⚠️ Squamous cell carcinoma accuracy was 62.0% intraop
⚠️ Squamous cell carcinoma accuracy was 62.0% intraop
In a single-institution study of 1,668 digitized frozen-section slides from 1,458 surgical patients, an attention-based deep learning model differentiated primary lung cancer from metastatic tumors with an AUC of 0.888 and 80.1% accuracy overall—but squamous cell carcinoma accuracy was just 62.0% intraoperatively. In the study, lung adenocarcinoma performed better at 87.5% accuracy, while colon cancer metastases reached 89.3%, underscoring subtype-dependent performance that could affect real-time surgical decisions.
Why It Matters To Your Practice
Intraoperative distinction between primary Lung Cancer and metastatic disease can change the operation performed.
AI support on frozen sections may help when expert pathology resources or time are limited.
Performance was not uniform across histologies, so clinicians should expect stronger support for some subtypes than others.
Clinical Implications
Overall performance was reasonable, but squamous cell carcinoma results were notably weaker than adenocarcinoma.

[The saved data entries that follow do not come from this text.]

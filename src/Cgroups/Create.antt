-- ===== src/Cgroups/Create.antt =====
-- The life of a cgroup: `Cgroup::create`, `add_process` and `destroy` of src/cgroups.rs.
pub mod Calls
pub mod Limits
pub mod Devices
pub mod Errors
mod Unit
pub mod Bounds
pub mod Cpuset
use boxed.Prelude.{ℕ, List, [], ◌∷◌, ◌++◌, Option, none, some}
use boxed.Text.{Text, codes, join_path}
use boxed.Text.Decimal.{to_string}
use boxed.Text.Words.{trim}
use boxed.Error.{
  Error, context, Result, ok, err, failed_to_write_controller, cpuset_rejected,
  cpuset_rejected_unreadable, failed_to_create_cgroup_root, failed_to_enable_controllers,
  failed_to_create_cgroup, failed_to_add_process, failed_to_remove_cgroup,
}
use boxed.Kernel.{
  Io, call, lift, pure, within, attempt, for_some, ◌>>=◌, ◌>>◌, read_to_string, write_file,
  create_dir_all, remove_dir,
}
use boxed.Cgroups.IoMax.{parse_io_max, render_io_max}
use boxed.Cgroups.Config.{CgroupConfig, required_controllers, resolve_device}
use boxed.Cgroups.Controllers.{read_controllers, validate_controllers}

abbrev pub cgroup_root : Text
cgroup_root = codes "/sys/fs/cgroup/boxed"

pub record Cgroup : Type 0 where
  pub path : Text

unfoldable pub write_controller : Text → Text → Text → Io (Unit {0})
write_controller cgroup_dir filename value =
    within (failed_to_write_controller filename)
      (call (write_file (join_path cgroup_dir filename) value))

-- The error of a rejected write, with what the `.effective` file says.
abbrev pub effective_file : Text → Text
effective_file cpuset_type = codes "cpuset." ++ (cpuset_type ++ codes ".effective")

unfoldable pub explain_rejection : Error → Text → Text → Text → Result Text → Result (Unit {0})
explain_rejection e cgroup_dir cpuset_type cpuset_value (ok effective) =
    err (context (cpuset_rejected cpuset_type cpuset_value cgroup_dir (trim effective)) e)
explain_rejection e cgroup_dir cpuset_type cpuset_value (err _) =
    err
      (context (cpuset_rejected_unreadable cpuset_type cpuset_value (effective_file cpuset_type)) e)

unfoldable pub handle_cpuset_write_error : Result (Unit {0}) → Text → Text → Text → Io (Unit {0})
handle_cpuset_write_error (ok _) cgroup_dir cpuset_type cpuset_value = pure tt
handle_cpuset_write_error (err e) cgroup_dir cpuset_type cpuset_value = do
  answer ← attempt (call (read_to_string (join_path cgroup_dir (effective_file cpuset_type))))
  lift (explain_rejection e cgroup_dir cpuset_type cpuset_value answer)

-- The write of `cpuset.cpus` or `cpuset.mems`, with the handling of its error.
unfoldable pub write_cpuset : Text → Text → Text → Io (Unit {0})
write_cpuset path cpuset_type cpuset_value = do
  ret ← attempt (write_controller path (codes "cpuset." ++ cpuset_type) cpuset_value)
  handle_cpuset_write_error ret path cpuset_type cpuset_value

-- The loop over `config.io_max`.
unfoldable pub write_io_max : Text → List Text → Io (Unit {0})
write_io_max path [] = pure tt
write_io_max path (spec ∷ specs) = do
  parsed ← lift (parse_io_max spec)
  device ← resolve_device parsed.device
  write_controller path (codes "io.max") (render_io_max device parsed.limits)
  write_io_max path specs

-- The part of `create` behind the creation of the directory.
unfoldable pub write_limits : Text → CgroupConfig → Io (Unit {0})
write_limits path config = do
  for_some config.cpu_quota
      (λ quota. write_controller path (codes "cpu.max") (to_string quota ++ codes " 100000"))
  for_some config.memory_max
      (λ memory. write_controller path (codes "memory.max") (to_string memory))
  for_some config.pids_limit (λ pids. write_controller path (codes "pids.max") (to_string pids))
  for_some config.cpuset_cpus (write_cpuset path (codes "cpus"))
  for_some config.cpuset_mems (write_cpuset path (codes "mems"))
  write_io_max path config.io_max

abbrev pub controllers_path : Text
controllers_path = join_path cgroup_root (codes "cgroup.controllers")

abbrev pub subtree_control_path : Text
subtree_control_path = join_path cgroup_root (codes "cgroup.subtree_control")

abbrev pub cgroup_path : ℕ → Text
cgroup_path pid = join_path cgroup_root (to_string pid)

unfoldable pub create : ℕ → CgroupConfig → Io Cgroup
create pid config = do
  within failed_to_create_cgroup_root (call (create_dir_all cgroup_root))
  available ← read_controllers controllers_path
  subtree_control ← lift (validate_controllers (required_controllers config) available)
  within (failed_to_enable_controllers subtree_control subtree_control_path)
      (call (write_file subtree_control_path subtree_control))
  within (failed_to_create_cgroup (cgroup_path pid)) (call (create_dir_all (cgroup_path pid)))
  write_limits (cgroup_path pid) config
  pure (record { path = cgroup_path pid })

unfoldable pub add_process : Cgroup → ℕ → Io (Unit {0})
add_process cg pid = do
  within failed_to_add_process
      (call (write_file (join_path cg.path (codes "cgroup.procs")) (to_string pid)))
  pure tt

unfoldable pub destroy : Cgroup → Io (Unit {0})
destroy cg = do within (failed_to_remove_cgroup cg.path) (call (remove_dir cg.path)); pure tt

High accuracy for lepidic (95.5%) and papillary (88.7%) adenocarcinoma patterns suggests some morphologies may be more AI-readable intraoperatively.
For adenocarcinoma-only comparisons between primary lung cancer and metastases, accuracy was 85.9%; for squamous cell carcinoma, 63.6%.
Insights
The model used attention-based multiple-instance learning on digitized frozen sections, a workflow aligned with real-world pathology digitization.
The dataset included 1,170 lung cancer slides and 498 metastatic tumor slides from one institution.
Further multi-institutional validation is needed before broad adoption, especially for lower-performing subtypes.
The Bottom Line
AI for intraoperative frozen-section support in Lung Cancer looks promising, but current performance is uneven.
Clinicians should view these tools as decision support—not a replacement for pathology judgment—particularly when squamous histology is in play.
The near-term opportunity is selective use in workflows where subtype-specific strengths can improve speed and confidence.